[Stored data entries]
******
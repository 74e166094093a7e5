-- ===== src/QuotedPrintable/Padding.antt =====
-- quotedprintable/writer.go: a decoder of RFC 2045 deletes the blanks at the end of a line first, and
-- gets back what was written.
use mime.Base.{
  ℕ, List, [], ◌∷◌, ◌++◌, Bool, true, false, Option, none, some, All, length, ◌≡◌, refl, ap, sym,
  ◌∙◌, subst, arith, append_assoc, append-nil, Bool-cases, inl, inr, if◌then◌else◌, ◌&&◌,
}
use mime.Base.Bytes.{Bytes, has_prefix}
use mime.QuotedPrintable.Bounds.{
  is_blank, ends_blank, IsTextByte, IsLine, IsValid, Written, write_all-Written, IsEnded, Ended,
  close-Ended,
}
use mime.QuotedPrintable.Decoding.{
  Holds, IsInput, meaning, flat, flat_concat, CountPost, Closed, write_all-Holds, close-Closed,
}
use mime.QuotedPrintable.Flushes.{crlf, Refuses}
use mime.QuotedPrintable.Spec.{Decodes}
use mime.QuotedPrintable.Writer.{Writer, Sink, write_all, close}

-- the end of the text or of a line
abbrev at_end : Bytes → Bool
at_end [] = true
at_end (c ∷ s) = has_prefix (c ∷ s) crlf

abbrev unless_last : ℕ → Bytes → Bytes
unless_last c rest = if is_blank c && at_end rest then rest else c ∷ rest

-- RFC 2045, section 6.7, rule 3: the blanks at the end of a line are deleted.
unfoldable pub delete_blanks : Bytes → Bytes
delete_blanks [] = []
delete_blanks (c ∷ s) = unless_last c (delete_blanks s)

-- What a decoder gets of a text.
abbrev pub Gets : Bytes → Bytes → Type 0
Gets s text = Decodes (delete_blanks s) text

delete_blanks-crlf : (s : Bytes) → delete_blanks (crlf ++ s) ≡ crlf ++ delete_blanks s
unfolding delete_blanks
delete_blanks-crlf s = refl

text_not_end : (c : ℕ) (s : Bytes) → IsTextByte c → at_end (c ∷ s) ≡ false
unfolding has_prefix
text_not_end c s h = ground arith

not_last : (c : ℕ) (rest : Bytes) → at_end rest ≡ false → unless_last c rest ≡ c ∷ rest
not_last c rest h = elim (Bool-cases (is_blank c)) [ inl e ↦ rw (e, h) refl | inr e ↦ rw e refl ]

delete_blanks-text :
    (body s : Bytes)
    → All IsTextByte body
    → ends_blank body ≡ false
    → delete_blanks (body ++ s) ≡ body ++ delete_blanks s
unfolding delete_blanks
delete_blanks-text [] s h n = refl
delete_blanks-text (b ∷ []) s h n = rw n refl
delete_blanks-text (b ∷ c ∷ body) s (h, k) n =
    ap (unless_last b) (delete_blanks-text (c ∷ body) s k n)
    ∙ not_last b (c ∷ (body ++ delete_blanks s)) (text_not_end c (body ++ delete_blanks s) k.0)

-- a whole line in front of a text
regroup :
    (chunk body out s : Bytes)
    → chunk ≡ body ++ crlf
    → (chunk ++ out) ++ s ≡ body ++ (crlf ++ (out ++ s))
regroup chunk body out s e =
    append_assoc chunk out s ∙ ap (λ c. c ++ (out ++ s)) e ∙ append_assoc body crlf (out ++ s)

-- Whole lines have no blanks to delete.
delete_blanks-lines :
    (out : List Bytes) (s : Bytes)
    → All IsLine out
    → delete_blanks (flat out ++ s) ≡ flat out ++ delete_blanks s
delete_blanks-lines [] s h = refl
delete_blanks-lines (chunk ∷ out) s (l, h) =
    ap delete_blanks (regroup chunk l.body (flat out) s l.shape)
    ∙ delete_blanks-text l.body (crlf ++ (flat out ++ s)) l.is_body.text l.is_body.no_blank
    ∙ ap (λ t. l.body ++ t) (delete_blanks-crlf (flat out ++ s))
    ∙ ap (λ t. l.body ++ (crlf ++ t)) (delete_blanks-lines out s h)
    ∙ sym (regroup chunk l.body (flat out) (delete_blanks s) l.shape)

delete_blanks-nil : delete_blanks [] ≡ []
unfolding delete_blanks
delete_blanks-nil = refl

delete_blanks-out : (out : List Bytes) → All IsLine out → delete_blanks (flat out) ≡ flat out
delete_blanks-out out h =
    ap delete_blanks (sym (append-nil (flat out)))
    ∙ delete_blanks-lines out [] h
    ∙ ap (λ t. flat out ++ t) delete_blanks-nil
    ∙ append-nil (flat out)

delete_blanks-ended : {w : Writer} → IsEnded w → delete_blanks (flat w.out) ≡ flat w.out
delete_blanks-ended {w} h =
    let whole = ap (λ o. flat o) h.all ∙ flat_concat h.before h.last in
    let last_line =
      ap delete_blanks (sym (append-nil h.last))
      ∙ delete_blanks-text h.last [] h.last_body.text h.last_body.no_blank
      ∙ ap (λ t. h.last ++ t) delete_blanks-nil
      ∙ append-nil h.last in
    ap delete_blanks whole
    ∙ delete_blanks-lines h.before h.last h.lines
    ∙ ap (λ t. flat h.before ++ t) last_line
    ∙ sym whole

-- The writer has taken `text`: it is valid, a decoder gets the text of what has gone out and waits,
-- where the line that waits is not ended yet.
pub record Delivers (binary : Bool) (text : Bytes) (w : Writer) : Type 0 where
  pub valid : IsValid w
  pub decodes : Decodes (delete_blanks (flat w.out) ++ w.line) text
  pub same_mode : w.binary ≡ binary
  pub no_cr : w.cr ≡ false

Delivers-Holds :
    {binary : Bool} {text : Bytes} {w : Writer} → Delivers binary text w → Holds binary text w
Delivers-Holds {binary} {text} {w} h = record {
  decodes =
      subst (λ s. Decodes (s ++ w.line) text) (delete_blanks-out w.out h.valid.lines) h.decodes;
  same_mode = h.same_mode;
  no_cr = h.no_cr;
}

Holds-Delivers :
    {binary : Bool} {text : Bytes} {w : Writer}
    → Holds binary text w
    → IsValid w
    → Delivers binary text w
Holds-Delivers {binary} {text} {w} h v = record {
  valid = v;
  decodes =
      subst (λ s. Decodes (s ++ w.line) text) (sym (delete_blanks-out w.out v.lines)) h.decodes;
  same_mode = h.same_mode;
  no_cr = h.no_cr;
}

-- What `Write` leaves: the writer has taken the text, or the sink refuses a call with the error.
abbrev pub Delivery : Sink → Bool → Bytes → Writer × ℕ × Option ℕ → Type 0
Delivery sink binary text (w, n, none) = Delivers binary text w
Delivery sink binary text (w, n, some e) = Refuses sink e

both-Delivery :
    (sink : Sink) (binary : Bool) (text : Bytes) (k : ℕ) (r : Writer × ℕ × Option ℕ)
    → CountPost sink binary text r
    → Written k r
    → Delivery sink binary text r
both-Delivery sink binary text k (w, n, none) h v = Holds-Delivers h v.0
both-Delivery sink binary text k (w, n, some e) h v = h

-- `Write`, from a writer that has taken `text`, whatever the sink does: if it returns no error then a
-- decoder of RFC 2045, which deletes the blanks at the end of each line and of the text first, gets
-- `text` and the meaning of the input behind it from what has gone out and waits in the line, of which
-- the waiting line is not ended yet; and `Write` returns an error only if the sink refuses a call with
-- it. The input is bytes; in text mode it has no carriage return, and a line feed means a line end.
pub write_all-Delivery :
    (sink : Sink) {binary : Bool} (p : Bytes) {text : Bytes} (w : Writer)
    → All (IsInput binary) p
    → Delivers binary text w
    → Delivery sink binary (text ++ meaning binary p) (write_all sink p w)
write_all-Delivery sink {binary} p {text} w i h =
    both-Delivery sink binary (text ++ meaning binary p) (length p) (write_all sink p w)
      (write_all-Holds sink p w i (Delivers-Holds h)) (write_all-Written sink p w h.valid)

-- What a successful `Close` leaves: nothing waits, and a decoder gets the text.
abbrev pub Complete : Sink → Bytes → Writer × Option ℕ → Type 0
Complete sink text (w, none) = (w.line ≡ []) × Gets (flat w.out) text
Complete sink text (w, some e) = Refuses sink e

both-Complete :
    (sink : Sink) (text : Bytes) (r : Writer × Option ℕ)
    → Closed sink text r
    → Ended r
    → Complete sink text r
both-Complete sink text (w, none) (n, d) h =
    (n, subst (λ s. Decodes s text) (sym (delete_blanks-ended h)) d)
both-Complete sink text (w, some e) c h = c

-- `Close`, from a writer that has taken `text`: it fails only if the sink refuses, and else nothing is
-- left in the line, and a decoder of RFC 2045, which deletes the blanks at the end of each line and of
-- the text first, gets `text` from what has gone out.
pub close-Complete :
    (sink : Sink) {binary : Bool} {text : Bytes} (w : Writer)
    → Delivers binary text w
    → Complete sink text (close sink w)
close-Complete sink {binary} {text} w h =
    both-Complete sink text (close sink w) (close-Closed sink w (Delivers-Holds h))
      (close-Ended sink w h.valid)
******
# THE TASK
After locating the line with "(chunk body out s : Bytes)" above, return that line and every later line through the one with "ap delete_blanks (regroup", word for word and with nothing else.

# SOLUTION
    (chunk body out s : Bytes)
    → chunk ≡ body ++ crlf
    → (chunk ++ out) ++ s ≡ body ++ (crlf ++ (out ++ s))
regroup chunk body out s e =
    append_assoc chunk out s ∙ ap (λ c. c ++ (out ++ s)) e ∙ append_assoc body crlf (out ++ s)

-- Whole lines have no blanks to delete.
delete_blanks-lines :
    (out : List Bytes) (s : Bytes)
    → All IsLine out
    → delete_blanks (flat out ++ s) ≡ flat out ++ delete_blanks s
delete_blanks-lines [] s h = refl
delete_blanks-lines (chunk ∷ out) s (l, h) =
    ap delete_blanks (regroup chunk l.body (flat out) s l.shape)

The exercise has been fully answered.